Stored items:
......

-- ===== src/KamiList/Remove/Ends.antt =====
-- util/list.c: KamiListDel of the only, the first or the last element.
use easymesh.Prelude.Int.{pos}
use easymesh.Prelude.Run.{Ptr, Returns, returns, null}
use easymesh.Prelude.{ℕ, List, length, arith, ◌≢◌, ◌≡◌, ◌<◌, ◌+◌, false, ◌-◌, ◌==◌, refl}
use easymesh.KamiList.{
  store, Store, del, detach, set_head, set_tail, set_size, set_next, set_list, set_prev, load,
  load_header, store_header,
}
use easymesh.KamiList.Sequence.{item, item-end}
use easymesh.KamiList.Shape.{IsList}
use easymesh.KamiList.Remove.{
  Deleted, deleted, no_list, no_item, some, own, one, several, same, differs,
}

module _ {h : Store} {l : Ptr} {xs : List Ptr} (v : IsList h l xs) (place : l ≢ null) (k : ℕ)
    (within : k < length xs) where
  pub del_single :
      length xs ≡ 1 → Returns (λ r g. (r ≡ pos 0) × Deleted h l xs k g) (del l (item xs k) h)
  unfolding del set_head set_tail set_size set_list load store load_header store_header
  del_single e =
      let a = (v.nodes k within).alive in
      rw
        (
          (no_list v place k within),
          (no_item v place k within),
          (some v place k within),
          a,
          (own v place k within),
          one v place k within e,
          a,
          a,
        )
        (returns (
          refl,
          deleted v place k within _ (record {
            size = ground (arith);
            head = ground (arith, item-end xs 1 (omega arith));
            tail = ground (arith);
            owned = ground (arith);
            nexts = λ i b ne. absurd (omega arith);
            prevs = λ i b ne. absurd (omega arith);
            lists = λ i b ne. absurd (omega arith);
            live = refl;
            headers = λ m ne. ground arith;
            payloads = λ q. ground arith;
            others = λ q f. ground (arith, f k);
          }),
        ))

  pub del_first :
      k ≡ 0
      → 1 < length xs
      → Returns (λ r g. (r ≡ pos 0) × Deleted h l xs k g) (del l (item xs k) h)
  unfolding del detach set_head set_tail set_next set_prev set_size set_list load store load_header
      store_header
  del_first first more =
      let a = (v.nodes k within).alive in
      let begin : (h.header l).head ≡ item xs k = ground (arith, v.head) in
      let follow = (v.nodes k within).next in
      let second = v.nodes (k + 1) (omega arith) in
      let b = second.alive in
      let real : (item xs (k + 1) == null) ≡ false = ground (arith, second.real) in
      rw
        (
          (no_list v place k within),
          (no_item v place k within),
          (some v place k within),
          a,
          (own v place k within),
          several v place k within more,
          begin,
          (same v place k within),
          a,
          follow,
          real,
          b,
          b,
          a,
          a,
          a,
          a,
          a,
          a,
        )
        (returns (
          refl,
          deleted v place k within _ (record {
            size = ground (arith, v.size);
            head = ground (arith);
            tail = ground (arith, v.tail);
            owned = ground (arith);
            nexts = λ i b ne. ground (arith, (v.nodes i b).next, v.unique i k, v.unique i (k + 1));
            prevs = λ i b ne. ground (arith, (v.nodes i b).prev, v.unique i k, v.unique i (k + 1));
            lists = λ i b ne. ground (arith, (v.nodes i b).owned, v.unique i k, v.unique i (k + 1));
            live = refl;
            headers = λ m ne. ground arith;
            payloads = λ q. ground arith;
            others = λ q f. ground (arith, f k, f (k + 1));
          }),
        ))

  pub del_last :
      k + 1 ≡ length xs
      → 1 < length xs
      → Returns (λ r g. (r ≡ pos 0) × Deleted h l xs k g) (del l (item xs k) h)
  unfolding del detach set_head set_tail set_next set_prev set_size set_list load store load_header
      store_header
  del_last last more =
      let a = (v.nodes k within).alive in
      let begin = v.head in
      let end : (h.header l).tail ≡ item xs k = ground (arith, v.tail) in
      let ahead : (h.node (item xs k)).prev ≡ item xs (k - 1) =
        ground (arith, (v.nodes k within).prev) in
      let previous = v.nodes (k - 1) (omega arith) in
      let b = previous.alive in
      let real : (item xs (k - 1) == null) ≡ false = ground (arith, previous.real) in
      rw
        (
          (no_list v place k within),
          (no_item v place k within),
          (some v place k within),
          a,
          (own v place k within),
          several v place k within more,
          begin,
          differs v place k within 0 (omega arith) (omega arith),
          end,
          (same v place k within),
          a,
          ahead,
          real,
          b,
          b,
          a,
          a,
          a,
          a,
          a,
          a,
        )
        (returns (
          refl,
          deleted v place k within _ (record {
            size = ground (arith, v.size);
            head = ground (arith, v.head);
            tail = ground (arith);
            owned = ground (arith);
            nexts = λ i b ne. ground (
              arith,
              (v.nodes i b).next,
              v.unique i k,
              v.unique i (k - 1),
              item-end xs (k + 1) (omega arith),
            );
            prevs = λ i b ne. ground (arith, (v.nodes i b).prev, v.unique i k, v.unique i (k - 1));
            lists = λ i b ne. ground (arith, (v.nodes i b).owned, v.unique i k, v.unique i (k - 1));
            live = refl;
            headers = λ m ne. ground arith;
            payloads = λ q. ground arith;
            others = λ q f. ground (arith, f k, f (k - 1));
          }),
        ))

......

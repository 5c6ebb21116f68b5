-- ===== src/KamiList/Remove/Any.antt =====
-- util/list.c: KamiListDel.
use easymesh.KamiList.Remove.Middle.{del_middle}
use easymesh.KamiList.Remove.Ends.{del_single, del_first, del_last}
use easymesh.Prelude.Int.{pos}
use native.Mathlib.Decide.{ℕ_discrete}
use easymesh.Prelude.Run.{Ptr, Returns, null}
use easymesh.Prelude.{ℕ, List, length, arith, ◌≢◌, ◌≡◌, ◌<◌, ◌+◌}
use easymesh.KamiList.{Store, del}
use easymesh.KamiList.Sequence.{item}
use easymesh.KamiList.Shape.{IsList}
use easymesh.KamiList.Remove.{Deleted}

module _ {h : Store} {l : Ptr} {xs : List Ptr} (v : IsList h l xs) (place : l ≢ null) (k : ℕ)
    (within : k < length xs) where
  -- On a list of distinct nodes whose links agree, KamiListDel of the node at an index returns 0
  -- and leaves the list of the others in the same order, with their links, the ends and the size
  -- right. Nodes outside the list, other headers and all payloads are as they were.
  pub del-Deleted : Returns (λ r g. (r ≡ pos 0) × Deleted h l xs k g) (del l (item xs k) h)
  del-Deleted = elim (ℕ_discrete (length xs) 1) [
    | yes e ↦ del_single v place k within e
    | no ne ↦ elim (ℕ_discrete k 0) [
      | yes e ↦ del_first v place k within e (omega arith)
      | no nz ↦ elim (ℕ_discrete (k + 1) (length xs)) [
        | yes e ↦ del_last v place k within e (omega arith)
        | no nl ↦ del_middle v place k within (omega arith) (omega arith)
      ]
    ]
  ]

......

● **Exercise**:
From the records above, copy every line that includes the word "null".

● **Answer to this task**:
use easymesh.Prelude.Run.{Ptr, Returns, returns, null}
module _ {h : Store} {l : Ptr} {xs : List Ptr} (v : IsList h l xs) (place : l ≢ null) (k : ℕ)
      let real : (item xs (k + 1) == null) ≡ false = ground (arith, second.real) in
      let real : (item xs (k - 1) == null) ≡ false = ground (arith, previous.real) in
use easymesh.Prelude.Run.{Ptr, Returns, null}
module _ {h : Store} {l : Ptr} {xs : List Ptr} (v : IsList h l xs) (place : l ≢ null) (k : ℕ)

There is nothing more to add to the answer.